→ WHAT YOU SHOULD DO: Your answer must consist of exactly the lines below, starting with the line with "(pos 0) ds.status.number_unavailable" and going on through the line with "pub create : Object → Bool", and nothing else.

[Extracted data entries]
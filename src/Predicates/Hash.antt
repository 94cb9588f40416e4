-- ===== src/Predicates/Hash.antt =====
-- internal/predicates/utils.go: the hash of a template. Go's hash/fnv (New64a) and the `%x` verb.
use Prim.Native.Nat.{bit_xor}
use mathlib.Core.List.{foldl}
use native.Mathlib.Nat.{pow-suc}
use cascader.Common.{
  ℕ, zero, suc, ◌+◌, ◌*◌, ◌/◌, ◌%◌, ◌^◌, ◌<◌, ◌≡◌, refl, ap, ◌∙◌, sym, Text, List, [], ◌∷◌, ◌++◌,
  arith, ltb, if◌then◌else◌, ◌-◌, Bool-cases, inl, inr, ltb→lt,
}

-- One byte of FNV-1a, in uint64.
abbrev mix : ℕ → ℕ → ℕ
mix h byte = bit_xor h byte * 1099511628211 % 2 ^ 64

-- h := fnv.New64a(); h.Write(data); h.Sum64()
unfoldable pub sum64a : List ℕ → ℕ
sum64a = foldl mix 14695981039346656037

abbrev digit : ℕ → ℕ
digit d = if ltb d 10 then b'0' + d else b'a' + (d - 10)

-- The digits of a number below 16 ^ (k + 1), without leading zeros.
hex_digits : ℕ → ℕ → Text
hex_digits zero n = digit n ∷ []
hex_digits (suc k) n =
    let more = hex_digits k (n / 16) in
    if ltb n 16 then digit n ∷ [] else more ++ digit (n % 16) ∷ []

-- fmt.Sprintf("%x", n) of a uint64
unfoldable pub hex : ℕ → Text
unfolding hex_digits
hex n = hex_digits 15 n

-- The number that hexadecimal digits spell behind `n`.
digit_value : ℕ → ℕ
digit_value d = if ltb d b'a' then d - b'0' else d - b'a' + 10

value : ℕ → Text → ℕ
value n [] = n
value n (d ∷ ds) = value (n * 16 + digit_value d) ds

value-concat :
    (n : ℕ) (ds : Text) (d : ℕ) → value n (ds ++ d ∷ []) ≡ value n ds * 16 + digit_value d
unfolding value
value-concat n [] d = refl
value-concat n (e ∷ ds) d = value-concat (n * 16 + digit_value e) ds d

digit_value-digit : (d : ℕ) → d < 16 → digit_value (digit d) ≡ d
unfolding digit_value
digit_value-digit d h = ground arith

value-hex_digits : (k n : ℕ) → n < 16 ^ suc k → value 0 (hex_digits k n) ≡ n
unfolding value hex_digits
value-hex_digits zero n h = omega (arith, digit_value-digit n)
value-hex_digits (suc k) n h = elim (Bool-cases (ltb n 16)) [
  | inl small ↦ rw small (omega (arith, digit_value-digit n, ltb→lt n 16 small))
  | inr big ↦
      let below : n / 16 < 16 ^ suc k = omega (arith, pow-suc 16 (suc k)) in
      rw (big, value-concat 0 (hex_digits k (n / 16)) (digit (n % 16)))
        (omega (arith, value-hex_digits k (n / 16) below, digit_value-digit (n % 16)))
]

-- Numbers of 64 bits that are printed alike are equal.
pub hex_inj : (m n : ℕ) → m < 2 ^ 64 → n < 2 ^ 64 → hex m ≡ hex n → m ≡ n
unfolding hex
hex_inj m n hm hn e = sym (value-hex_digits 15 m hm) ∙ ap (value 0) e ∙ value-hex_digits 15 n hn

foldl-mix-lt : (bytes : List ℕ) (h : ℕ) → h < 2 ^ 64 → foldl mix h bytes < 2 ^ 64
foldl-mix-lt [] h lt = lt
foldl-mix-lt (byte ∷ bytes) h _ = foldl-mix-lt bytes (mix h byte) (omega arith)

pub sum64a-lt : (bytes : List ℕ) → sum64a bytes < 2 ^ 64
unfolding sum64a
sum64a-lt bytes = foldl-mix-lt bytes _ (omega arith)
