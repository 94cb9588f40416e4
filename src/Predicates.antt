-- ===== src/Predicates.antt =====
-- internal/predicates: which events reach a reconciler, and the SetupWithManager methods of
-- internal/controller, which choose the checks. json.Marshal of a pod template is a parameter.
pub mod Hash
pub mod Laws
pub mod Marks
use cascader.Common.{
  ℕ, ℤ, pos, negsuc, Text, Bool, true, false, not, ◌&&◌, ◌||◌, Option, none, some, List, [], ◌∷◌,
  text_eq, ltb_ℤ, eqb_ℤ, if◌then◌else◌,
}
use cascader.Errors.{Result, ok, err, unsupported_object, serialize_failed}
use cascader.Dict.{Dict, lookup}
use cascader.Kinds.{AnnotationKindMap}
use cascader.Objects.{
  Annotations, PodTemplateSpec, Object, deployment, stateful_set, daemon_set, other_object,
  object_meta, Deployment, StatefulSet,
}
use cascader.Predicates.Hash.{sum64a, hex}

-- The loop of hasAnnotation over the keys of the map.
unfoldable pub has_key_of : Dict Text → AnnotationKindMap → Bool
has_key_of annotations [] = false
has_key_of annotations ((key, _) ∷ entries) =
    let rest = has_key_of annotations entries in
    elim (lookup key annotations) [ some _ ↦ true | none ↦ rest ]

unfoldable pub has_annotation : Annotations → AnnotationKindMap → Bool
unfolding has_key_of
has_annotation none kinds = false
has_annotation (some annotations) kinds = has_key_of annotations kinds

unfoldable pub extract_pod_template : Object → Result PodTemplateSpec
extract_pod_template (deployment d) = ok d.template
extract_pod_template (stateful_set s) = ok s.template
extract_pod_template (daemon_set d) = ok d.template
extract_pod_template (other_object _) = err unsupported_object

-- -1 where there is no count
unfoldable pub get_replicas : Object → ℤ
get_replicas (deployment d) = elim d.replicas [ some n ↦ n | none ↦ negsuc 0 ]
get_replicas (stateful_set s) = elim s.replicas [ some n ↦ n | none ↦ negsuc 0 ]
get_replicas (daemon_set d) = d.status.desired_number_scheduled
get_replicas (other_object _) = negsuc 0

unfoldable pub scaled_to_zero : Object → Object → Bool
unfolding get_replicas
scaled_to_zero old new = ltb_ℤ (pos 0) (get_replicas old) && eqb_ℤ (get_replicas new) (pos 0)

unfoldable pub scaled_from_zero : Object → Object → Bool
unfolding get_replicas
scaled_from_zero old new = eqb_ℤ (get_replicas old) (pos 0) && ltb_ℤ (pos 0) (get_replicas new)

-- Both counts are set, and the old one is 1.
unfoldable pub single_replica : Option ℤ → Option ℤ → Bool
single_replica none _ = false
single_replica (some _) none = false
single_replica (some n) (some _) = eqb_ℤ n (pos 1)

unfoldable pub deployment_pod_deleted : Deployment → Deployment → Bool
unfolding single_replica
deployment_pod_deleted old new =
    single_replica old.replicas new.replicas
    && (eqb_ℤ old.status.ready_replicas (pos 1)
        && eqb_ℤ new.status.ready_replicas (pos 0)
        && eqb_ℤ old.status.available_replicas (pos 1)
        && eqb_ℤ new.status.available_replicas (pos 0))

unfoldable pub stateful_set_pod_deleted : StatefulSet → StatefulSet → Bool
unfolding single_replica
stateful_set_pod_deleted old new =
    single_replica old.replicas new.replicas
    && (eqb_ℤ old.status.ready_replicas (pos 1) && eqb_ℤ new.status.ready_replicas (pos 0))

unfoldable pub single_replica_pod_deleted : Object → Object → Bool
unfolding deployment_pod_deleted stateful_set_pod_deleted
single_replica_pod_deleted (deployment old) (deployment new) = deployment_pod_deleted old new
single_replica_pod_deleted (stateful_set old) (stateful_set new) = stateful_set_pod_deleted old new
single_replica_pod_deleted _ _ = false

unfoldable pub daemon_set_transitioning : Object → Bool
daemon_set_transitioning (daemon_set ds) =
    not (eqb_ℤ ds.status.updated_number_scheduled ds.status.desired_number_scheduled)
    || ltb_ℤ (pos 0) ds.status.number_unavailable
daemon_set_transitioning _ = false

-- UpdateCheck
abbrev pub UpdateCheck : Type 0
UpdateCheck = Object → Object → Bool

unfoldable pub wrap_single_object_check : (Object → Bool) → UpdateCheck
wrap_single_object_check check old new = check new

-- predicate.Funcs: the four filters. The object of a delete event may be nil.
pub record Predicate : Type 0 where
  pub update : Object → Object → Bool
  pub delete : Option Object → Bool
  pub create : Object → Bool
  pub generic : Object → Bool

-- The loop over the update checks.
unfoldable pub any_check : List UpdateCheck → Object → Object → Bool
any_check [] old new = false
any_check (check ∷ checks) old new = check old new || any_check checks old new

unfoldable pub delete_filter : AnnotationKindMap → Option Object → Bool
unfolding has_annotation
delete_filter kinds none = false
delete_filter kinds (some object) = has_annotation (object_meta object).annotations kinds

unfoldable pub new_predicate : AnnotationKindMap → List UpdateCheck → Predicate
unfolding any_check delete_filter has_annotation
new_predicate kinds checks = record {
  update = λ old new.
      if not (has_annotation (object_meta new).annotations kinds)
      then false
      else any_check checks old new;
  delete = delete_filter kinds;
  create = λ _. false;
  generic = λ _. false;
}

module _ (marshal : PodTemplateSpec → Result (List ℕ)) where
  unfoldable pub hash_template : PodTemplateSpec → Result Text
  hash_template t = elim (marshal t) [
    | err e ↦ err (serialize_failed e)
    | ok bytes ↦ ok (hex (sum64a bytes))
  ]

  unfoldable pub hashes_differ : Result Text → Result Text → Bool
  hashes_differ (ok old) (ok new) = not (text_eq old new)
  hashes_differ (ok _) (err _) = false
  hashes_differ (err _) _ = false

  unfoldable pub templates_differ : Result PodTemplateSpec → Result PodTemplateSpec → Bool
  unfolding hash_template hashes_differ
  templates_differ (ok old) (ok new) = hashes_differ (hash_template old) (hash_template new)
  templates_differ (ok _) (err _) = false
  templates_differ (err _) _ = false

  unfoldable pub spec_changed : UpdateCheck
  unfolding templates_differ extract_pod_template
  spec_changed old new = templates_differ (extract_pod_template old) (extract_pod_template new)

  -- The SetupWithManager methods.
  unfoldable pub deployment_predicate : AnnotationKindMap → Predicate
  unfolding new_predicate
  deployment_predicate kinds =
      new_predicate kinds
        (spec_changed ∷ single_replica_pod_deleted ∷ scaled_to_zero ∷ scaled_from_zero ∷ [])

  unfoldable pub stateful_set_predicate : AnnotationKindMap → Predicate
  unfolding new_predicate
  stateful_set_predicate kinds =
      new_predicate kinds
        (spec_changed ∷ single_replica_pod_deleted ∷ scaled_to_zero ∷ scaled_from_zero ∷ [])

  unfoldable pub daemon_set_predicate : AnnotationKindMap → Predicate
  unfolding new_predicate wrap_single_object_check
  daemon_set_predicate kinds = new_predicate kinds (
      spec_changed
      ∷ wrap_single_object_check daemon_set_transitioning
      ∷ scaled_to_zero
      ∷ scaled_from_zero
      ∷ [])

→ EXPECTED ANSWER:
    || ltb_ℤ (pos 0) ds.status.number_unavailable
daemon_set_transitioning _ = false

-- UpdateCheck
abbrev pub UpdateCheck : Type 0
UpdateCheck = Object → Object → Bool

unfoldable pub wrap_single_object_check : (Object → Bool) → UpdateCheck
wrap_single_object_check check old new = check new

-- predicate.Funcs: the four filters. The object of a delete event may be nil.
pub record Predicate : Type 0 where
  pub update : Object → Object → Bool
  pub delete : Option Object → Bool
  pub create : Object → Bool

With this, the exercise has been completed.